Stata The Stata listserver
[Date Prev][Date Next][Thread Prev][Thread Next][Date index][Thread index]

Re: Missing as true - Was: Re: st: RE: Another Stata feature


From   Allan Reese <[email protected]>
To   Stata Listserve <[email protected]>
Subject   Re: Missing as true - Was: Re: st: RE: Another Stata feature
Date   Thu, 8 Jan 2004 10:42:26 +0000 (GMT)

On Wed, 7 Jan 2004, Bill Rising wrote [with RAR's inserts]:
> ..., it would make Stata
> code easier to read and less prone to error if people could code the
> [potentially RAR] incorrect
>
> regress foo bar if snafu
>
> instead of the [intended? RAR] correct
>
> regress foo bar if snafu & snafu < .
>
> for snafu being some sort of indicator which could be missing.
>
> I've used Stata long enough that the latter comes natural to me. Still,
> I'd hate to see how many analyses have been found invalid because of
> folks forgetting the extra 'less than missing' clause.

My point exactly.  It *is* documented, thus making it a feature, but who
reads documentation?  It is *known* to all members of this list? to all
Stata users?  I doubt it.  It raises anomalies, as here:

. gen m = var1>0
. gen l = var1<0
. list var1 m l
     | var1   m   l |
  1. |    1   1   0 |
  2. |    2   1   0 |
  3. |    3   1   0 |
  4. |    .   1   0 |
  5. |   -1   0   1 |
  6. |    0   0   0 |

Within the Stata language, "missing" is a positive number, but that is not
a natural treatment of missing data.  In the same way that "replace" by
default reports "n values changed", I suggest it would be more sporting to
report "missing values used in calculation - check answers".

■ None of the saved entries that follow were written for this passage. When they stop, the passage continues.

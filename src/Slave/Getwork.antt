-- ===== src/Slave/Getwork.antt =====
-- The getwork server: `listenGetwork`, `wsHandler` and `sendGetworkJobs` of cmd/slave/getwork.go.
pub mod Joins
pub mod Counts
pub mod Honest
use xelis_pool.Common.{
  ℕ, ◌+◌, ◌%◌, ◌^◌, Bool, true, false, ◌&&◌, ◌||◌, not, Option, none, some, List, [], ◌∷◌, ◌++◌,
  length, ltb, ◌==◌, if◌then◌else◌,
}
use xelis_pool.Common.Bytes.{Bytes, codes}
use xelis_pool.Common.Options.{◌>>=◌}
use xelis_pool.Common.Hex.{decode_hex}
use xelis_pool.Common.Text.{remove_port, split, parse_uint}
use xelis_pool.RateLimit.{Limiter, Conns, can_connect, can_do_action}
use xelis_pool.Pow.BlockMiner.{blockminer_length}
use xelis_pool.Slave.Submit.{Miner, blank_id}
use xelis_pool.Slave.Sweep.{sweep}
use xelis_pool.Slave.Jobs.{GetworkJob, new_miner, send_job_getwork}
use xelis_pool.Slave.Packet.{
  Decoder, Reply, checked, kicks, answer_accepts, clamp_diff, MemJob, JobToSend, Client, Handled,
  handle_conn_packet,
}
use xelis_pool.Xatum.{get_next_diff}
use xelis_pool.Master.Float.{Float}

-- A field of the JSON object of a message: missing or null, a string, or something else.
pub data Field : Type 0 where
  nil other : Field
  text : Bytes → Field

-- JSON of the standard library: `miner_work` and `block_template` of a message, both `nil` where it
-- is not an object, and the submit packet of a block.
pub record Json : Type 0 where
  pub fields : Bytes → Field × Field
  pub submit_data : Bytes → Option Bytes

pub data Message : Type 0 where
  block_accepted block_rejected : Message
  new_job : GetworkJob → Message

-- Whether the handler waits for its next message, is done, has panicked, or waits for the mutex of
-- its connection.
pub data Status : Type 0 where
  running returned panicked blocked : Status

-- What the request for a websocket came to.
pub data Joined : Type 0 where
  too_many rate_limited no_address bad_address joined : Joined

abbrev pub head_or_nil : List Bytes → Bytes
head_or_nil [] = []
head_or_nil (x ∷ xs) = x

-- The address in front of the first point, and the difficulty that stands behind it, 0 where there
-- is none.
unfoldable pub parse_path : ℕ → Bytes → Bytes × ℕ
unfolding split clamp_diff
parse_path min_difficulty addr = elim (split 43 (head_or_nil (split 46 addr))) [
  | [] ↦ ([], 0)
  | wall ∷ rest ↦ elim rest [
    | [] ↦ (wall, 0)
    | diff ∷ more ↦ elim (parse_uint diff) [
      | none ↦ (wall, 0)
      | some d ↦ (wall, clamp_diff min_difficulty d)
    ]
  ]
]

-- The block of a message, as far as it has one. `none` behind it is a panic.
unfoldable pub miner_work : Field × Field → Option (Option Bytes)
miner_work (nil, nil) = some none
miner_work (nil, text t) = some (some t)
miner_work (nil, other) = none
miner_work (text t, f) = some (some t)
miner_work (other, f) = none

unfoldable pub miner_blob : Bytes → Option Bytes
miner_blob t = elim (decode_hex t) [
  | none ↦ none
  | some b ↦ if length b == blockminer_length then some b else none
]

module _ (float : Float) where
  open float use {F, of_ℕ, to_ℕ}

  -- `connected` says whether the websocket is open.
  pub record GetworkConn : Type 0 where
    pub client : Client float
    pub ip : Bytes
    pub alive : Bool
    pub connected : Bool

  pub record Served : Type 0 where
    pub conns : List (GetworkConn)
    pub open_conns : Conns

  abbrev pub ip_of : GetworkConn → Bytes
  ip_of c = c.ip

  abbrev pub is_alive : GetworkConn → Bool
  is_alive c = c.alive

  abbrev pub new_conn : ℕ → Bytes → Bytes → ℕ → GetworkConn
  new_conn now_ms ip wall diff = record {
    client = record { miner = new_miner now_ms; wallet = wall; next_diff = of_ℕ diff };
    ip = ip;
    alive = true;
    connected = false;
  }

  -- The request for a websocket. The open connections of the IP are counted first, and stay
  -- counted where the request is refused behind that.
  unfoldable pub join :
      (Bytes → Bool) → ℕ → ℕ → ℕ → Bytes → Bytes → Limiter → Served → (Limiter × Served) × Joined
  unfolding parse_path
  join is_valid min_difficulty now now_ms ip addr l s =
      let (open_conns, free) = can_connect ip s.open_conns in
      let (l', allowed) = can_do_action ip 10 now l in
      let counted : Served = record s { open_conns = open_conns } in
      let (wall, diff) = parse_path min_difficulty addr in
      if free
      then (if allowed
          then (if ltb (length addr) 5
              then ((l', counted), no_address)
              else if is_valid wall
              then (
                (l', record counted { conns = s.conns ++ (new_conn now_ms ip wall diff ∷ []) }),
                joined,
              )
              else ((l', counted), bad_address))
          else ((l', counted), rate_limited))
      else ((l, s), too_many)

  pub record Turn : Type 0 where
    pub conn : GetworkConn
    pub limiter : Limiter
    pub sent : List Message
    pub status : Status

  abbrev pub turn : GetworkConn → Limiter → List Message → Status → Turn
  turn c l sent status = record { conn = c; limiter = l; sent = sent; status = status }

  abbrev pub with_miner : GetworkConn → Miner → GetworkConn
  with_miner c m = record c { client = record c.client { miner = m } }

  module _ (min_difficulty : ℕ) (pool_nonce : Bytes) where
    -- An unknown algorithm sends nothing, which is the answer `false`.
    unfoldable pub send_getwork :
        F → Bytes → ℕ → Bytes → Bytes → GetworkConn → GetworkConn × List Message × Bool
    unfolding send_job_getwork get_next_diff
    send_getwork seconds random diff blob algorithm c =
        let next = to_ℕ (get_next_diff float min_difficulty seconds c.client.next_diff) in
        let (m, job) = send_job_getwork next random pool_nonce diff blob algorithm c.client.miner in
        elim job [ none ↦ (c, [], false) | some j ↦ (with_miner c m, new_job j ∷ [], true) ]

    -- The websocket and the first job. A handler that ends here leaves its connection alive.
    unfoldable pub start : F → Bytes → Bool → MemJob → Limiter → GetworkConn → Turn
    unfolding send_getwork
    start seconds random upgraded last l c =
        let up : GetworkConn = record c { connected = true } in
        let (c', sent, ok) = send_getwork seconds random last.diff last.blob last.algorithm up in
        if upgraded
        then (if last.diff == 0
            then turn (record up { connected = false }) l [] returned
            else turn c' l sent running)
        else turn c l [] returned

    -- To every connection that is alive; `written` says whether the message could be written, and
    -- a connection whose mutex is held is left to wait.
    unfoldable pub send_all :
        F → (ℕ → Bytes) → (ℕ → Bool) → ℕ → Bytes → Bytes → ℕ → List GetworkConn → List GetworkConn
    unfolding send_getwork
    send_all seconds random written diff blob algorithm n [] = []
    send_all seconds random written diff blob algorithm n (c ∷ cs) =
        let (c', sent, ok) = send_getwork seconds (random n) diff blob algorithm c in
        (if c.client.miner.locked
          then c
          else if ok && written n
          then c'
          else record c' { alive = false; connected = false })
        ∷ send_all seconds random written diff blob algorithm (n + 1) cs

    unfoldable pub send_getwork_jobs :
        F → (ℕ → Bytes) → (ℕ → Bool) → ℕ → Bytes → Bytes → Served → Served
    unfolding sweep send_all
    send_getwork_jobs seconds random written diff blob algorithm s =
        let (cs, open_conns) = sweep ip_of is_alive s.conns s.open_conns in
        record {
          conns = send_all seconds random written diff blob algorithm 0 cs;
          open_conns = open_conns;
        }

    module _ (json : Json) (decoder : Decoder) (is_valid : Bytes → Bool) (last : MemJob)
        (first_algorithm : Bytes) (now now_ms : ℕ) (late : JobToSend) where
      unfoldable pub resend : F → Bytes → GetworkConn → GetworkConn × List Message
      unfolding send_getwork
      resend seconds random c = elim late [
        | none ↦ (c, [])
        | some (diff, blob) ↦
            let (c', sent, ok) = send_getwork seconds random diff blob first_algorithm c in
            if diff == 0 then (c, []) else (c', sent)
      ]

      -- Whether the print of the handler has the level 1.
      abbrev pub accepts : Reply → Bool
      accepts (checked a) = answer_accepts a
      accepts r = false

      -- The answer to a share that the handler has checked; the mutex is taken for it. A kick closes
      -- the websocket, and the next read fails.
      unfoldable pub answered : F → Bytes → Bool → GetworkConn → Handled float → Turn
      unfolding resend
      answered seconds random written c r =
          let c' : GetworkConn = record c { client = r.client } in
          let kept : GetworkConn = record c' {
            connected = c.connected && not (kicks r.reply || not written);
          } in
          let (c'', job) = resend seconds random kept in
          if r.client.miner.locked
          then turn c' r.limiter [] blocked
          else turn c'' r.limiter
              ((if accepts r.reply then block_accepted else block_rejected) ∷ job) running

      unfoldable pub on_blob : F → Bytes → ℕ → Bool → Bytes → Limiter → GetworkConn → Turn
      unfolding answered handle_conn_packet
      on_blob seconds random received written bm l c = elim (json.submit_data bm) [
        | none ↦ turn c l [] running
        | some body ↦ answered seconds random written c (
            handle_conn_packet float decoder is_valid min_difficulty last now now_ms
              (remove_port c.ip) pool_nonce blank_id received (codes "submit~" ++ body) l c.client)
      ]

      -- One round of the loop, `received` counting the message: the first has the number 2. `read` is
      -- the message, `none` an error of the websocket.
      unfoldable pub ws_message : F → Bytes → ℕ → Option Bytes → Bool → Limiter → GetworkConn → Turn
      unfolding miner_work miner_blob on_blob
      ws_message seconds random received read written l c = elim read [
        | none ↦ turn (record c { connected = false }) l [] returned
        | some message ↦ elim (miner_work (json.fields message)) [
          | none ↦ turn (record c { connected = false }) l [] panicked
          | some w ↦ elim (w >>= miner_blob) [
            | none ↦ turn c l [] running
            | some bm ↦ on_blob seconds random received written bm l c
          ]
        ]
      ]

Since Nick insists I spell out the joke (?), we were told that the basis
for invading Iraq was that wmd was definitely TRUE.  It subsequently turns
out that the data were incomplete or inconclusive.  But if wmd>0 computes
as TRUE for missing data, they can justify any political or management
decision.

I have had similar exchanges on the discussion list devoted to spreadsheet
use.  The techies say, "It's a documented feature, so everyone knows", and
the managers say, "We got the answer from the computer, so it must be
correct."  There is a wonderful area of computer science devoted to
*proving* programs are correct; I've never seen evidence of an automated
procedure that it capable of checking that the correct variable was named
in an expression or that the correct operator was used.

History demonstrates that it is only after a sequence of disasters that
"management" accept that systems should be self-checking and error
avoiding.  Relying on people to "do the right thing" in all circumstances
is a proven recipe for disasters.  WRT software, why can't we abridge the
historic process?

R. Allan Reese                       Email:     [email protected]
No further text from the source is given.